Borchers Andrea T, Hagie Frank, Keen Carl L, Gershwin M Eric
Division of Rheumatology, Allerg and Clinical Immunology, University of California at Davis School of Medicine, Davis, California 95616, USA.
Clin Ther. 2007 Jan;29(1):1-16. doi: 10.1016/j.clinthera.2007.01.006.
The year 2006 marks the 100th anniversary of the regulatory agency now known as the US Food and Drug Administration (FDA), the first consumer protection agency of the federal government and arguably the most influential regulatory agency in the world. The FDA thus plays an integral role in the use of pharmaceuticals, not only in the United States but worldwide.
The goal of this review was to present an overview of the FDA and place its current role in the perspectives of history and contemporary needs.
Relevant materials for this review were identified through a search of the English-language literature indexed on MEDLINE (through 2006) using the main search terms United States Food and Drug Administration, FDA, history of the FDA, drug approvals, drug legislation, and FDA legislation. Results from the initial searches were then explored further.
The statute that created the bureau which later became the FDA established this agency to prohibit interstate commerce of adulterated foods, drinks, and drugs. The Food, Drug, and Cosmetic Act that replaced it in 1938, and subsequent food and drug laws and amendments, expanded the FDA's responsibilities to cosmetics, medical devices, biological products, and radiation-emitting products. These amendments have also established the FDA as a mainly preventive regulatory agency that relies chiefly on pre-market control.
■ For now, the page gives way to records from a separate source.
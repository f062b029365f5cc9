-- ===== src/Scheduler/TaskPool.antt =====
-- What the scheduler of src/scheduler promises, without queues or threads: tasks are submitted, and
-- some submitted task returns or panics, in any order.
use mathlib.Core.List.{List, [], ◌∷◌}
use mathlib.Core.Quot
use mathlib.Core.Quot.{Quot, Quot-set}
use runact.Prelude.{ℕ, ◌≡◌, total, arith}

module _ {ℓ} {T : Type ℓ} where
  -- Two lists hold the same tasks, each as often: every weight adds up to the same.
  abbrev pub SameTasks : List T → List T → Type ℓ
  SameTasks xs ys = (w : T → ℕ) → total w xs ≡ total w ys

  pub SameTasks-cons : (t : T) (xs ys : List T) → SameTasks xs ys → SameTasks (t ∷ xs) (t ∷ ys)
  SameTasks-cons t xs ys h w = omega (arith, h w)

-- Tasks without an order.
abbrev pub Bag {ℓ} : Type ℓ → Type ℓ
Bag T = Quot (SameTasks {T = T})

module _ {ℓ} {T : Type ℓ} where
  abbrev pub bag : List T → Bag T
  bag xs = Quot.mk xs

  unfoldable pub put : T → Bag T → Bag T
  put t =
      Quot.lift Quot-set (λ xs. Quot.mk (t ∷ xs)) (λ xs ys h. Quot.sound (SameTasks-cons t xs ys h))

pub record TaskPool {ℓ} (T : Type ℓ) : Type ℓ where
  pub unfinished : Bag T
  pub finished : Bag T
  pub panicked : Bag T

module _ {ℓ} {T : Type ℓ} where
  abbrev pub pool : Bag T → Bag T → Bag T → TaskPool T
  pool b f p = record { unfinished = b; finished = f; panicked = p }

-- The runs of the pool, by the tasks that are submitted to it.
pub data Runs {ℓ} {T : Type ℓ} : List T → TaskPool T → TaskPool T → Type ℓ where
  done : {p : TaskPool T} → Runs [] p p
  submit :
      (t : T) {ts : List T} {b f p : Bag T} {end : TaskPool T}
      → Runs ts (pool (put t b) f p) end
      → Runs (t ∷ ts) (pool b f p) end
  finish :
      (t : T) {ts : List T} {b f p : Bag T} {end : TaskPool T}
      → Runs ts (pool b (put t f) p) end
      → Runs ts (pool (put t b) f p) end
  fail :
      (t : T) {ts : List T} {b f p : Bag T} {end : TaskPool T}
      → Runs ts (pool b f (put t p)) end
      → Runs ts (pool (put t b) f p) end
As such, the FDA has played an important role in shaping the modern pharmaceutical industry by making the scientific approach and the clinical trial process the standard for establishing safety and efficacy and by making rigorous scientific analysis the predominant component of the process for pharmaceutical regulation.
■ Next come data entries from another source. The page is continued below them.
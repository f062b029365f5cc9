-- ===== src/Scheduler/WorkStealing/Conservation.antt =====
-- No interleaving of the worker threads loses a task or makes one up.
use runact.Prelude.{
  get_elem?-some, none, Option, length-set, ℕ, ◌+◌, ◌<◌, ◌≡◌, refl, ap, inl, inr, true, false, some,
  List, [], ◌∷◌, ◌++◌, arith, length, get_elem?, set, total, total-append, total-set, Option-cases,
  if◌then◌else◌,
}
use runact.Scheduler.RunQueue.{RunQueue, push, pop, pop_front, steal_half, steal_half-splits}
use runact.Scheduler.WorkStealing.{
  Pc, top, popping, running, scanning, moving, exited, Scheduler, spawn, spawn_at, spawn_index,
  request_stop, popped, pop_local, stolen, steal, push_local, act, turn, turn_at, crash, crash_at,
  Event, turns, panics, spawns, stops, step, run,
}

module _ {ℓ} {T : Type ℓ} (w : T → ℕ) where
  abbrev pub load : RunQueue T → ℕ
  load q = total w q.queue

  -- The tasks that a thread holds outside every queue.
  abbrev pub in_hand : Pc T → ℕ
  in_hand (running task) = w task
  in_hand (moving ts) = total w ts
  in_hand _ = 0

  -- The weight of every task that the scheduler knows of: queued, in a thread's hands, or over.
  abbrev pub known : Scheduler T → ℕ
  known s = total load s.queues + total in_hand s.workers + total w s.finished + total w s.panicked

  abbrev pub spawned : List (Event T) → ℕ
  spawned [] = 0
  spawned (spawns task ∷ es) = w task + spawned es
  spawned (_ ∷ es) = spawned es

  popped-known :
      (s : Scheduler T) (i : ℕ) (q : RunQueue T)
      → get_elem? s.workers i ≡ some popping
      → get_elem? s.queues i ≡ some q
      → (ts : List T) → q.queue ≡ ts
      → known (popped s i (pop_front ts)) ≡ known s
  unfolding popped pop_front
  popped-known s i q at here [] e = omega (arith, total-set in_hand s.workers i _ at)
  popped-known s i q at here (t ∷ ts) e = omega (
    arith,
    ap (total w) e,
    total-set in_hand s.workers i (running t) at,
    total-set load s.queues i (record { queue = ts }) here,
  )

  stolen-known :
      (s : Scheduler T) (i j : ℕ) (targets : List ℕ) (q : RunQueue T)
      → get_elem? s.workers i ≡ some (scanning (j ∷ targets))
      → get_elem? s.queues j ≡ some q
      → (ts : List T) (q' : RunQueue T) → ts ++ q'.queue ≡ q.queue
      → known (stolen s i j targets (ts, q')) ≡ known s
  unfolding stolen
  stolen-known s i j targets q at here [] q' e =
      omega (arith, total-set in_hand s.workers i (scanning targets) at)
  stolen-known s i j targets q at here (t ∷ ts) q' e = omega (
    arith,
    ap (total w) e,
    total-append w ts q'.queue,
    total-set in_hand s.workers i (moving (t ∷ ts)) at,
    total-set load s.queues j q' here,
  )

  act-known :
      (s : Scheduler T) (i : ℕ) (pc : Pc T)
      → get_elem? s.workers i ≡ some pc
      → known (act s i pc) ≡ known s
  unfolding act pop_local steal push_local pop push
  act-known s i top at =
      elim s.stop
        as (λ b.
          known (record s { workers = set s.workers i (if b then exited else popping) })
          ≡ known s) [
            | true ↦ omega (arith, total-set in_hand s.workers i exited at)
            | false ↦ omega (arith, total-set in_hand s.workers i popping at)
          ]
  act-known s i popping at = elim (Option-cases (get_elem? s.queues i)) [
    | inl e ↦ rw (e, pop_local)
    | inr (q, e) ↦ rw (e, pop_local) (popped-known s i q at e q.queue refl)
  ]
  act-known s i (running t) at = omega (arith, total-set in_hand s.workers i top at)
  act-known s i (scanning []) at = omega (arith, total-set in_hand s.workers i top at)
  act-known s i (scanning (j ∷ targets)) at = elim (Option-cases (get_elem? s.queues j)) [
    | inl e ↦ rw (e, steal) (omega (arith, total-set in_hand s.workers i (scanning targets) at))
    | inr (q, e) ↦
        rw (e, steal)
          (stolen-known s i j targets q at e (steal_half q).0 (steal_half q).1
            (steal_half-splits q).0)
  ]
  act-known s i (moving []) at = omega (arith, total-set in_hand s.workers i top at)
  act-known s i (moving (t ∷ ts)) at = elim (Option-cases (get_elem? s.queues i)) [
    | inl e ↦ rw (e, push_local)
    | inr (q, e) ↦
        rw (e, push_local)
          (omega (
            arith,
            total-append w q.queue (t ∷ []),
            total-set in_hand s.workers i (moving ts) at,
            total-set load s.queues i (push q t) e,
          ))
  ]
  act-known s i exited at = refl

  pub turn-known : (s : Scheduler T) (i : ℕ) → known (turn s i) ≡ known s
  unfolding turn turn_at
  turn-known s i = elim (Option-cases (get_elem? s.workers i)) [
    | inl e ↦ rw (e, turn_at)
    | inr (pc, e) ↦ rw (e, turn_at) (act-known s i pc e)
  ]

  crash_at-known :
      (s : Scheduler T) (i : ℕ) (pc : Option (Pc T))
      → get_elem? s.workers i ≡ pc
      → known (crash_at s i pc) ≡ known s
  unfolding crash_at
  crash_at-known s i (some (running task)) at =
      omega (arith, total-set in_hand s.workers i exited at)
  crash_at-known s i pc at = refl

  pub spawn-known :
      (s : Scheduler T) (task : T) → 0 < length s.queues → known (spawn s task) ≡ known s + w task
  unfolding spawn spawn_at push spawn_index
  spawn-known s task some_queue =
      let (q, e) = get_elem?-some s.queues (spawn_index s) (omega arith) in
      rw (e, spawn_at)
        (omega (
          arith,
          total-append w q.queue (task ∷ []),
          total-set load s.queues (spawn_index s) (push q task) e,
        ))

  -- One event leaves the weight of all known tasks as it is, but for a task that is spawned.
  pub step-known :
      (s : Scheduler T) (e : Event T)
      → 0 < length s.queues
      → known (step s e) ≡ known s + spawned (e ∷ [])
  unfolding step crash request_stop
  step-known s (turns i) h = omega (arith, turn-known s i)
  step-known s (panics i) h = omega (arith, crash_at-known s i (get_elem? s.workers i) refl)
  step-known s (spawns task) h = omega (arith, spawn-known s task h)
  step-known s stops h = omega arith

module _ {ℓ} {T : Type ℓ} where
  popped-length :
      (s : Scheduler T) (i : ℕ) (r : Option T × RunQueue T)
      → length (popped s i r).queues ≡ length s.queues
  unfolding popped
  popped-length s i (none, q) = refl
  popped-length s i (some task, q) = length-set s.queues i q

  stolen-length :
      (s : Scheduler T) (i j : ℕ) (targets : List ℕ) (r : List T × RunQueue T)
      → length (stolen s i j targets r).queues ≡ length s.queues
  unfolding stolen
  stolen-length s i j targets ([], q) = refl
  stolen-length s i j targets (t ∷ ts, q) = length-set s.queues j q

  act-length : (s : Scheduler T) (i : ℕ) (pc : Pc T) → length (act s i pc).queues ≡ length s.queues
  unfolding act pop_local steal push_local
  act-length s i popping = elim (Option-cases (get_elem? s.queues i)) [
    | inl e ↦ rw (e, pop_local)
    | inr (q, e) ↦ rw (e, pop_local) (popped-length s i (pop q))
  ]
  act-length s i (scanning (j ∷ targets)) = elim (Option-cases (get_elem? s.queues j)) [
    | inl e ↦ rw (e, steal)
    | inr (q, e) ↦ rw (e, steal) (stolen-length s i j targets (steal_half q))
  ]
  act-length s i (moving (t ∷ ts)) = elim (Option-cases (get_elem? s.queues i)) [
    | inl e ↦ rw (e, push_local)
    | inr (q, e) ↦ rw (e, push_local) (length-set s.queues i (push q t))
  ]
  act-length s i (scanning []) = refl
  act-length s i (moving []) = refl
  act-length s i pc = refl

  pub turn-length : (s : Scheduler T) (i : ℕ) → length (turn s i).queues ≡ length s.queues
  unfolding turn turn_at
  turn-length s i = elim (Option-cases (get_elem? s.workers i)) [
    | inl e ↦ rw (e, turn_at)
    | inr (pc, e) ↦ rw (e, turn_at) (act-length s i pc)
  ]

  crash_at-queues :
      (s : Scheduler T) (i : ℕ) (pc : Option (Pc T)) → (crash_at s i pc).queues ≡ s.queues
  unfolding crash_at
  crash_at-queues s i (some (running task)) = refl
  crash_at-queues s i pc = refl

  spawn-length : (s : Scheduler T) (task : T) → length (spawn s task).queues ≡ length s.queues
  unfolding spawn spawn_at
  spawn-length s task = elim (Option-cases (get_elem? s.queues (spawn_index s))) [
    | inl e ↦ rw (e, spawn_at)
    | inr (q, e) ↦ rw (e, spawn_at) (length-set s.queues (spawn_index s) (push q task))
  ]

  pub step-length : (s : Scheduler T) (e : Event T) → length (step s e).queues ≡ length s.queues
  unfolding step crash request_stop
  step-length s (turns i) = turn-length s i
  step-length s (panics i) = ap length (crash_at-queues s i (get_elem? s.workers i))
  step-length s (spawns task) = spawn-length s task
  step-length s stops = refl

module _ {ℓ} {T : Type ℓ} (w : T → ℕ) where
  pub spawned-cons :
      (e : Event T) (es : List (Event T)) → spawned w (e ∷ es) ≡ spawned w (e ∷ []) + spawned w es
  spawned-cons (spawns task) es = omega arith
  spawned-cons (turns i) es = omega arith
  spawned-cons e es = omega arith

  -- In every interleaving of worker turns, task panics, `spawn` calls and the stop request, on a
  -- scheduler with at least one queue: for every weight w of tasks, the weight of the tasks that
  -- are queued, held by a thread, returned or panicked grows by exactly the weight of the tasks
  -- spawned. So no task is lost, run twice or made up, also while tasks are being stolen.
  pub run-known :
      (s : Scheduler T) (es : List (Event T))
      → 0 < length s.queues
      → known w (run s es) ≡ known w s + spawned w es
  unfolding run
  run-known s [] h = omega arith
  run-known s (e ∷ es) h =
      omega (arith, step-known w s e h, step-length s e, run-known (step s e) es, spawned-cons e es)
As shown in this review, the evolution of the FDA can be described as a series of "crisis-legislation-adaptation" cycles: a public health crisis promoted the passage of congressional legislation, which was then followed by implementation of the law by the FDA. However, the crises the FDA faces currently are likely to be overcome only under strong and permanent leadership willing to redefine the role and procedures of the FDA with an open mind.
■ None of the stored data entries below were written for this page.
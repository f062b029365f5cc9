-- ===== src/Scheduler/WorkStealing/View.antt =====
-- The scheduler seen as a pool of tasks without order, and the moves that this view does not see.
use mathlib.Core.Quot
use runact.Prelude.{
  Bool, ℕ, ◌+◌, ◌≡◌, refl, ap, ◌∙◌, true, false, some, List, [], ◌∷◌, ◌++◌, arith, get_elem?, set,
  total, total-append, total-set,
}
use runact.Scheduler.RunQueue.{RunQueue}
use runact.Scheduler.TaskPool.{bag, put, TaskPool, pool}
use runact.Scheduler.WorkStealing.{
  Pc, top, popping, running, scanning, moving, exited, Scheduler, Event, spawns,
}
use runact.Scheduler.WorkStealing.Conservation.{load, in_hand, known}

module _ {ℓ} {T : Type ℓ} where
  abbrev pub held : Pc T → List T
  held (running task) = task ∷ []
  held (moving ts) = ts
  held _ = []

  abbrev pub queued_tasks : List (RunQueue T) → List T
  queued_tasks [] = []
  queued_tasks (q ∷ qs) = q.queue ++ queued_tasks qs

  abbrev pub held_tasks : List (Pc T) → List T
  held_tasks [] = []
  held_tasks (pc ∷ pcs) = held pc ++ held_tasks pcs

  -- The tasks that are queued or with a thread.
  abbrev pub live : Scheduler T → List T
  live s = queued_tasks s.queues ++ held_tasks s.workers

  -- The abstract state: the places of the tasks, their order and the threads forgotten.
  abbrev pub view : Scheduler T → TaskPool T
  view s = pool (bag (live s)) (bag s.finished) (bag s.panicked)

  abbrev pub submitted : List (Event T) → List T
  submitted [] = []
  submitted (spawns task ∷ es) = task ∷ submitted es
  submitted (_ ∷ es) = submitted es

module _ {ℓ} {T : Type ℓ} (w : T → ℕ) where
  total-held : (pc : Pc T) → total w (held pc) ≡ in_hand w pc
  total-held top = refl
  total-held popping = refl
  total-held (running t) = omega arith
  total-held (scanning js) = refl
  total-held (moving ts) = refl
  total-held exited = refl

  total-queued_tasks : (qs : List (RunQueue T)) → total w (queued_tasks qs) ≡ total (load w) qs
  total-queued_tasks [] = refl
  total-queued_tasks (q ∷ qs) =
      omega (arith, total-append w q.queue (queued_tasks qs), total-queued_tasks qs)

  total-held_tasks : (pcs : List (Pc T)) → total w (held_tasks pcs) ≡ total (in_hand w) pcs
  total-held_tasks [] = refl
  total-held_tasks (pc ∷ pcs) =
      omega (arith, total-append w (held pc) (held_tasks pcs), total-held pc, total-held_tasks pcs)

  total-live :
      (s : Scheduler T) → total w (live s) ≡ total (load w) s.queues + total (in_hand w) s.workers
  total-live s = omega (
    arith,
    total-append w (queued_tasks s.queues) (held_tasks s.workers),
    total-queued_tasks s.queues,
    total-held_tasks s.workers,
  )

module _ {ℓ} {T : Type ℓ} where
  -- What is over, in the two ways.
  abbrev pub over : Scheduler T → List T × List T
  over s = (s.finished, s.panicked)

  abbrev pub is_running : Pc T → Bool
  is_running (running task) = true
  is_running pc = false

  -- Nothing is over that was not, and the tasks `extra` came.
  pub more-view :
      (s s' : Scheduler T) (extra : List T)
      → ((w : T → ℕ) → known w s' ≡ known w s + total w extra)
      → over s' ≡ over s
      → view s' ≡ pool (bag (extra ++ live s)) (bag s.finished) (bag s.panicked)
  more-view s s' extra same e =
      let f : s'.finished ≡ s.finished = ap (λ o. o.0) e in
      let p : s'.panicked ≡ s.panicked = ap (λ o. o.1) e in
      let b : bag (live s') ≡ bag (extra ++ live s) = Quot.sound (λ w. omega (
        arith,
        total-live w s,
        total-live w s',
        total-append w extra (live s),
        same w,
        ap (total w) f,
        ap (total w) p,
      )) in
      ap (λ x. pool x (bag s'.finished) (bag s'.panicked)) b
      ∙ ap (λ x. pool (bag (extra ++ live s)) (bag x) (bag s'.panicked)) f
      ∙ ap (λ x. pool (bag (extra ++ live s)) (bag s.finished) (bag x)) p

  -- The task that a worker is running is one of the unfinished.
  pub put-live :
      (s : Scheduler T) (i : ℕ) (t : T) (pc : Pc T)
      → get_elem? s.workers i ≡ some (running t)
      → held pc ≡ []
      → bag (live s) ≡ put t (bag (queued_tasks s.queues ++ held_tasks (set s.workers i pc)))
  unfolding put
  put-live s i t pc at idle = Quot.sound (λ w. omega (
    arith,
    total-live w s,
    total-live w (record s { workers = set s.workers i pc }),
    total-set (in_hand w) s.workers i pc at,
    total-held w pc,
    ap (total w) idle,
  ))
2006年是如今被称为美国食品药品监督管理局(FDA)的监管机构成立100周年。FDA是联邦政府首个消费者保护机构,也可以说是世界上最具影响力的监管机构。因此,FDA不仅在美国,而且在全球范围内的药品使用中都发挥着不可或缺的作用。
本综述的目的是概述FDA,并从历史和当代需求的角度阐述其当前的作用。
通过使用主要搜索词“美国食品药品监督管理局”“FDA”“FDA的历史”“药物批准”“药品立法”和“FDA立法”,在MEDLINE(截至2006年)索引的英文文献中进行检索,确定了本综述的相关材料。然后对初步检索结果进行了进一步探究。
创建后来成为FDA的该局的法规设立该机构的目的是禁止掺假食品、饮料和药品的州际贸易。1938年取代该法规的《食品、药品和化妆品法案》以及随后的食品和药品法律及修正案,将FDA的职责扩大到化妆品、医疗器械、生物制品和辐射发射产品。这些修正案还将FDA确立为一个主要依靠上市前控制的预防性监管机构。因此,FDA通过将科学方法和临床试验过程作为确立安全性和有效性的标准,并使严格的科学分析成为药品监管过程的主要组成部分,在塑造现代制药行业方面发挥了重要作用。
如本综述所示,FDA的演变可以描述为一系列“危机-立法-适应”周期:公共卫生危机推动了国会立法的通过,随后由FDA实施该法律。然而,FDA目前面临的危机可能只有在愿意以开放心态重新定义FDA的作用和程序的强有力和持久的领导下才能克服。